Nos últimos dez anos, a música brasileira passou por uma espécie de saída geral do armário e aquilo que era subentendido e que ficava não dito se mostrou escancarado. O mercado logo correu tentar surfar nessa onda: a geração tombamento, a onda de drags na música pop e mais uma série de ações demarca uma nova fase de se pensar a música de artistas LGBTQIAP+ no Brasil. De todo modo, antes de pensarmos no presente, é preciso voltar um pouco no passado, pois se tem uma coisa que a música brasileira sempre deu foi é pinta. Na mesma matéria lá de 1978 do Lampião, eles cunhavam o termo MPE – Música Popular Entendida.

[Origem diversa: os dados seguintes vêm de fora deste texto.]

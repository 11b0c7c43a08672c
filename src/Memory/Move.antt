-- ===== src/Memory/Move.antt =====
-- memmove of mp3/student-distrib/lib.c: a copy byte by byte, upwards or downwards.
use ece_391_fall.Prelude.{
  ℕ, zero, suc, ◌+◌, ◌-◌, ◌≤◌, ◌<◌, ◌≡◌, ap, ◌∙◌, arith, Bool-cases, inl, inr, leb, ◌==◌, ==_iff,
  if◌then◌else◌,
}
use ece_391_fall.Memory.{Mem, store}
use ece_391_fall.Memory.Copy.{copied}

-- `rep movsb` with the direction flag clear.
pub movsb_up : ℕ → Mem → ℕ → ℕ → Mem
movsb_up zero m edi esi = m
movsb_up (suc ecx) m edi esi = movsb_up ecx (store m edi (m esi)) (edi + 1) (esi + 1)

-- `rep movsb` with the direction flag set.
pub movsb_down : ℕ → Mem → ℕ → ℕ → Mem
movsb_down zero m edi esi = m
movsb_down (suc ecx) m edi esi = movsb_down ecx (store m edi (m esi)) (edi - 1) (esi - 1)

pub memmove : Mem → ℕ → ℕ → ℕ → Mem
unfolding movsb_up movsb_down
memmove m dest src n =
    if leb dest src then movsb_up n m dest src else movsb_down n m (dest + n - 1) (src + n - 1)

movsb_up-copied :
    (n dest src a : ℕ) (m : Mem) → dest ≤ src → movsb_up n m dest src a ≡ copied m dest src n a
unfolding movsb_up
movsb_up-copied zero dest src a m h = ground arith
movsb_up-copied (suc n) dest src a m h =
    let m' = store m dest (m src) in
    movsb_up-copied n (dest + 1) (src + 1) a m' (omega (arith, h)) ∙ elim (Bool-cases (a == dest)) [
      | inl e ↦ ground (arith, e, h, ap m {x = src} {y = src + (a - dest)})
      | inr e ↦ ground (arith, e, h, ap m {x = src + 1 + (a - (dest + 1))} {y = src + (a - dest)})
    ]

movsb_down-copied :
    (n dest src a edi esi : ℕ) (m : Mem)
    → src < dest
    → edi + 1 ≡ dest + n
    → esi + 1 ≡ src + n
    → movsb_down n m edi esi a ≡ copied m dest src n a
unfolding movsb_down
movsb_down-copied zero dest src a edi esi m h e f = ground arith
movsb_down-copied (suc n) dest src a edi esi m h e f = elim (Bool-cases (n == 0)) [
  | inl g ↦
      let last : n ≡ 0 = (==_iff n 0).0 g in
      rw (last, movsb_down) (ground (arith, e, f, last, ap m {x = esi} {y = src + (a - dest)}))
  | inr g ↦
      let m' = store m edi (m esi) in
      movsb_down-copied n dest src a (edi - 1) (esi - 1) m' h (ground (arith, e, g))
        (ground (arith, f, g))
      ∙ elim (Bool-cases (a == edi)) [
        | inl q ↦ ground (arith, q, h, e, f, ap m {x = esi} {y = src + (a - dest)})
        | inr q ↦ ground (arith, q, h, e, f)
      ]
]

downwards :
    (n dest src a : ℕ) (m : Mem)
    → src < dest
    → movsb_down n m (dest + n - 1) (src + n - 1) a ≡ copied m dest src n a
unfolding movsb_down
downwards zero dest src a m h = ground arith
downwards (suc n) dest src a m h =
    movsb_down-copied (suc n) dest src a (dest + suc n - 1) (src + suc n - 1) m h (omega arith)
      (omega arith)

-- memmove places the source bytes at the destination and changes no other byte, however the two overlap.
pub memmove_lem : (m : Mem) (dest src n a : ℕ) → memmove m dest src n a ≡ copied m dest src n a
unfolding memmove
memmove_lem m dest src n a = elim (Bool-cases (leb dest src)) [
  | inl e ↦ rw (e, memmove) (movsb_up-copied n dest src a m (ground (arith, e)))
  | inr e ↦ rw (e, memmove) (downwards n dest src a m (ground (arith, e)))
]
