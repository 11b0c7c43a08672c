-- ===== src/ModeX/Show.antt =====
-- What show_screen of mp2/modex.c puts on the display.
use ece_391_fall.Prelude.{
  ℕ, zero, suc, ◌+◌, ◌-◌, ◌*◌, ◌/◌, ◌%◌, ◌^◌, ◌≤◌, ◌<◌, ◌≡◌, refl, sym, ap, ◌∙◌, arith, Bool, true,
  false, ◌&&◌, Bool-cases, inl, inr, ltb, leb, subst, ◌==◌, ==_iff, holds_to, holds_to_lem,
  if◌then◌else◌, add32,
}
use ece_391_fall.ModeX.{
  ModeX, scroll_size, scroll_x_width, pixel_addr, plane_of, sar2, set_write_mask, store_planes,
  movsb_planes, copy_image, show_planes, show_screen, other_target,
}

-- The byte of the build buffer that holds pixel `(x, y)` of the map.
abbrev pub cell : ModeX → ℕ → ℕ → ℕ
cell s x y = add32 (pixel_addr s x y) (plane_of x * scroll_size)

-- The pixel of the display at column `i` and row `j` below the top.
abbrev pub displayed : ModeX → ℕ → ℕ → ℕ
displayed s i j = s.mem_image (i % 4) (s.target_img + j * scroll_x_width + i / 4)

-- The view window has coordinates of a map.
unfoldable pub IsWindow : ModeX → Type 0
IsWindow s = (s.show_x + 320 < 2 ^ 20) × (s.show_y + 182 < 2 ^ 20) × (s.img3 < 2 ^ 32)

-- A byte of the copy, by whether the plane is written.
copied_byte :
    (on : Bool) (n esi edi a old : ℕ) (build : ℕ → ℕ)
    → esi < 2 ^ 32
    → (if on && leb (edi + 1) a && ltb a (edi + 1 + n)
        then build ((add32 esi 1 + (a - (edi + 1))) % 2 ^ 32)
        else if on && a == edi
        then build esi
        else old)
      ≡ (if on && leb edi a && ltb a (edi + suc n) then build ((esi + (a - edi)) % 2 ^ 32) else old)
copied_byte false n esi edi a old build h = refl
copied_byte true n esi edi a old build h = elim (Bool-cases (a == edi)) [
  | inl e ↦ ground (arith, e, h, ap build {x = esi} {y = (esi + (a - edi)) % 2 ^ 32})
  | inr e ↦ ground (
    arith,
    e,
    h,
    ap build {x = (add32 esi 1 + (a - (edi + 1))) % 2 ^ 32} {y = (esi + (a - edi)) % 2 ^ 32},
  )
]

movsb_planes_lem :
    (n mask esi edi p a : ℕ) (build : ℕ → ℕ) (v : ℕ → ℕ → ℕ)
    → esi < 2 ^ 32
    → movsb_planes n mask build esi edi v p a ≡ (
        if (mask / 2 ^ (p + 8)) % 2 == 1 && leb edi a && ltb a (edi + n)
        then build ((esi + (a - edi)) % 2 ^ 32)
        else v p a)
unfolding movsb_planes
movsb_planes_lem zero mask esi edi p a build v h = ground arith
movsb_planes_lem (suc n) mask esi edi p a build v h =
    movsb_planes_lem n mask (add32 esi 1) (edi + 1) p a build (store_planes mask edi (build esi) v)
      (omega arith)
    ∙ copied_byte ((mask / 2 ^ (p + 8)) % 2 == 1) n esi edi a (v p a) build h

mask_table :
    holds_to 16 (λ n. (2 ^ (n / 4 + 8) / 2 ^ (n % 4 + 8)) % 2 == (if n / 4 == n % 4 then 1 else 0))
    ≡ true
unfolding holds_to
mask_table = refl

-- SET_WRITE_MASK chooses one plane.
mask_lem : (q p : ℕ) → q < 4 → p < 4 → (2 ^ (q + 8) / 2 ^ (p + 8)) % 2 ≡ (if q == p then 1 else 0)
mask_lem q p hq hp =
    let n : ℕ = q * 4 + p in
    let left : n / 4 ≡ q = omega (arith, hp) in
    let right : n % 4 ≡ p = omega (arith, hp) in
    subst (λ x. (2 ^ (x + 8) / 2 ^ (p + 8)) % 2 ≡ (if x == p then 1 else 0)) left
      (subst (λ y. (2 ^ (n / 4 + 8) / 2 ^ (y + 8)) % 2 ≡ (if n / 4 == y then 1 else 0)) right
        ((==_iff ((2 ^ (n / 4 + 8) / 2 ^ (n % 4 + 8)) % 2) (if n / 4 == n % 4 then 1 else 0)).0 (
          holds_to_lem 16
            (λ m. (2 ^ (m / 4 + 8) / 2 ^ (m % 4 + 8)) % 2 == (if m / 4 == m % 4 then 1 else 0)) n
            (omega (arith, hq, hp)) mask_table)))

module _ (img q p a : ℕ) (s : ModeX) (hq : q < 4) (hp : p < 4) where
  abbrev one_plane : ModeX
  one_plane = copy_image img s.target_img (set_write_mask (2 ^ (q + 8)) s)

  one_plane_lem :
      img < 2 ^ 32
      → one_plane.mem_image p a ≡ (
          if (if q == p then 1 else 0) == 1
            && leb s.target_img a
            && ltb a (s.target_img + scroll_size)
          then s.build ((img + (a - s.target_img)) % 2 ^ 32)
          else s.mem_image p a)
  unfolding copy_image
  one_plane_lem small =
      movsb_planes_lem (16000 - 1440) (2 ^ (q + 8)) img s.target_img p a s.build s.mem_image small
      ∙ rw (mask_lem q p hq hp) refl

  other_plane : img < 2 ^ 32 → (q == p) ≡ false → one_plane.mem_image p a ≡ s.mem_image p a
  other_plane small e = one_plane_lem small ∙ rw e refl

  own_plane :
      img < 2 ^ 32
      → (q == p) ≡ true
      → s.target_img ≤ a
      → a < s.target_img + scroll_size
      → one_plane.mem_image p a ≡ s.build ((img + (a - s.target_img)) % 2 ^ 32)
  own_plane small e low high = one_plane_lem small ∙ ground (arith, e, low, high)

-- Where plane `p` of the display comes from.
abbrev source : ℕ → ℕ → ℕ → ℕ
source addr p_off p =
    add32 addr ((p_off + 4 - p) % 4 * scroll_size + (if ltb p_off p then 1 else 0))

show_planes-earlier :
    (k i p_off addr p a : ℕ) (s : ModeX)
    → i + k ≤ 4
    → p < i
    → (show_planes k i addr p_off s).mem_image p a ≡ s.mem_image p a
unfolding show_planes
show_planes-earlier zero i p_off addr p a s h below = refl
show_planes-earlier (suc k) i p_off addr p a s h below =
    let img = source addr p_off i in
    show_planes-earlier k (i + 1) p_off addr p a _ (omega (arith, h)) (omega (arith, below))
    ∙ other_plane img i p a s (omega (arith, h)) (omega (arith, h, below)) (omega arith)
        (ground (arith, below))

show_planes-own :
    (k i p_off addr p a : ℕ) (s : ModeX)
    → i + k ≤ 4
    → i ≤ p
    → p < i + k
    → s.target_img ≤ a
    → a < s.target_img + scroll_size
    → (show_planes k i addr p_off s).mem_image p a
      ≡ s.build ((source addr p_off p + (a - s.target_img)) % 2 ^ 32)
unfolding show_planes copy_image
show_planes-own zero i p_off addr p a s h from to low high = absurd (omega (arith, from, to))
show_planes-own (suc k) i p_off addr p a s h from to low high =
    let img = source addr p_off i in
    let s' = copy_image img s.target_img (set_write_mask (2 ^ (i + 8)) s) in
    elim (Bool-cases (i == p)) [
      | inl e ↦
          let same = (==_iff i p).0 e in
          show_planes-earlier k (i + 1) p_off addr p a s' (omega (arith, h)) (omega (arith, same))
          ∙ own_plane img i p a s (omega (arith, h)) (omega (arith, h, to)) (omega arith) e low high
          ∙ ap (λ x. s.build ((source addr p_off x + (a - s.target_img)) % 2 ^ 32)) same
      | inr e ↦
          show_planes-own k (i + 1) p_off addr p a s' (omega (arith, h)) (ground (arith, from, e))
            (omega (arith, to)) low high
    ]

-- show_screen shows the other screen to the end.
show_target :
    (k i addr p_off : ℕ) (s : ModeX) → (show_planes k i addr p_off s).target_img ≡ s.target_img
unfolding show_planes copy_image
show_target zero i addr p_off s = refl
show_target (suc k) i addr p_off s = show_target k (i + 1) addr p_off _

pub sar2_lem : (x : ℕ) → x < 2 ^ 31 → sar2 x ≡ x / 4
sar2_lem x h = ground (arith, h)

-- The cell of a pixel with coordinates of a map.
pub cell_lem :
    (s : ModeX) (x y : ℕ)
    → x < 2 ^ 20
    → y < 2 ^ 20
    → cell s x y ≡ (s.img3 + x / 4 + y * 80 + (3 - x % 4) * scroll_size) % 2 ^ 32
cell_lem s x y hx hy = rw (sar2_lem x (omega (arith, hx))) (omega (arith, hx, hy))

same_plane : (x i : ℕ) → (3 - x % 4 + 4 - i % 4) % 4 ≡ 3 - (x + i) % 4
same_plane x i = omega arith

same_byte : (x i : ℕ) → x / 4 + i / 4 + (if ltb (3 - x % 4) (i % 4) then 1 else 0) ≡ (x + i) / 4
same_byte x i = ground arith

-- Where the byte of a displayed pixel comes from is the cell of the pixel on the map.
source-cell :
    (i j : ℕ) (s : ModeX)
    → i < 320
    → j < 182
    → IsWindow s
    → (source (pixel_addr s s.show_x s.show_y) (plane_of s.show_x) (i % 4)
          + (j * scroll_x_width + i / 4))
        % 2 ^ 32
      ≡ cell s (s.show_x + i) (s.show_y + j)
unfolding IsWindow
source-cell i j s hi hj win =
    let carry : ℕ = if ltb (3 - s.show_x % 4) (i % 4) then 1 else 0 in
    let byte : s.show_x / 4 + i / 4 + carry ≡ (s.show_x + i) / 4 = same_byte s.show_x i in
    rw (sar2_lem s.show_x (omega (arith, win.0)), same_plane s.show_x i)
      (omega (arith, byte, win, hi, hj))
    ∙ sym (
        cell_lem s (s.show_x + i) (s.show_y + j) (omega (arith, win.0, hi))
          (omega (arith, win.1, hj)))

-- show_screen displays at column `i` and row `j` the byte of the build buffer that holds pixel
-- `(show_x + i, show_y + j)` of the map, for every pixel of the window.
pub show_screen-cell :
    (i j : ℕ) (s : ModeX)
    → i < 320
    → j < 182
    → IsWindow s
    → displayed (show_screen s) i j ≡ s.build (cell s (s.show_x + i) (s.show_y + j))
unfolding show_screen
show_screen-cell i j s hi hj win =
    let s1 = record s { target_img = other_target s.target_img } in
    let addr = pixel_addr s s.show_x s.show_y in
    let p_off = plane_of s.show_x in
    let a = s1.target_img + j * scroll_x_width + i / 4 in
    ap (λ t. (show_planes 4 0 addr p_off s1).mem_image (i % 4) (t + j * scroll_x_width + i / 4))
      (show_target 4 0 addr p_off s1)
    ∙ show_planes-own 4 0 p_off addr (i % 4) a s1 (omega arith) (omega arith) (omega arith)
        (omega arith) (omega (arith, hi, hj))
    ∙ ap (λ x. s.build ((source addr p_off (i % 4) + x) % 2 ^ 32)) (omega arith)
    ∙ ap s.build (source-cell i j s hi hj win)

Entendido (en.ten.di.do) adj
Aquele que é homossexual. Gíria brasileira para quem entende da homossexualidade.

A MPE poderia ser definida pelas músicas da própria Leci Brandão, falando sobre as suas experiências enquanto mulher negra e lésbica; poderia se aplicar também ao cancioneiro apaixonado de Angela Ro Ro ou as performances intensas de Ney Matogrosso. Existem muitos entendidos e entendidas na nossa história da MPB – quanto a isso, vale conferir o livro “História Sexual da MPB” (2006), de Rodrigo Faour. E aí se vamos para o underground, o Brasil sempre foi fértil picadeiro “das loucas e dos lazarentos”. Exemplo disso é a noite de São Paulo, que já foi palco de nomes fundamentais que apresentavam sua arte de forma pioneira. E aí não podemos esquecer de quem veio antes, como dois nomes importantes dos anos 1980: Claudia Wonder e Patricio Bisso.

Claudia Wonder nasceu em São Paulo em 1955 e já na adolescência começou sua transição de gênero, na mesma época em que passou a ser presença frequente no underground noturno. Atriz de cinema, fez diferentes trabalhos na Boca do Lixo e tem créditos em filmes assinados por diretores como Carlos Manga, Victor Di Mello e Alfredo Sternheim. Na década de 1980, Wonder era cantora punk, vocalista da banda Jardim das Delícias e seu show era o ponto de encontro dos modernos de São Paulo. O pessoal comia e bebia no restaurante Ritz, ali na Alameda Franca, e depois descia em debandada para o Madame Satã, onde viam Claudia Wonder fazer suas performances, incluindo a icônica apresentação em que ela se banhava nua numa banheira cheia de sangue falso. Coisas possíveis nas madrugadas daqueles tempos e que só existem na memória de quem viveu, pois há poucas gravações sonoras e visuais dessa fase.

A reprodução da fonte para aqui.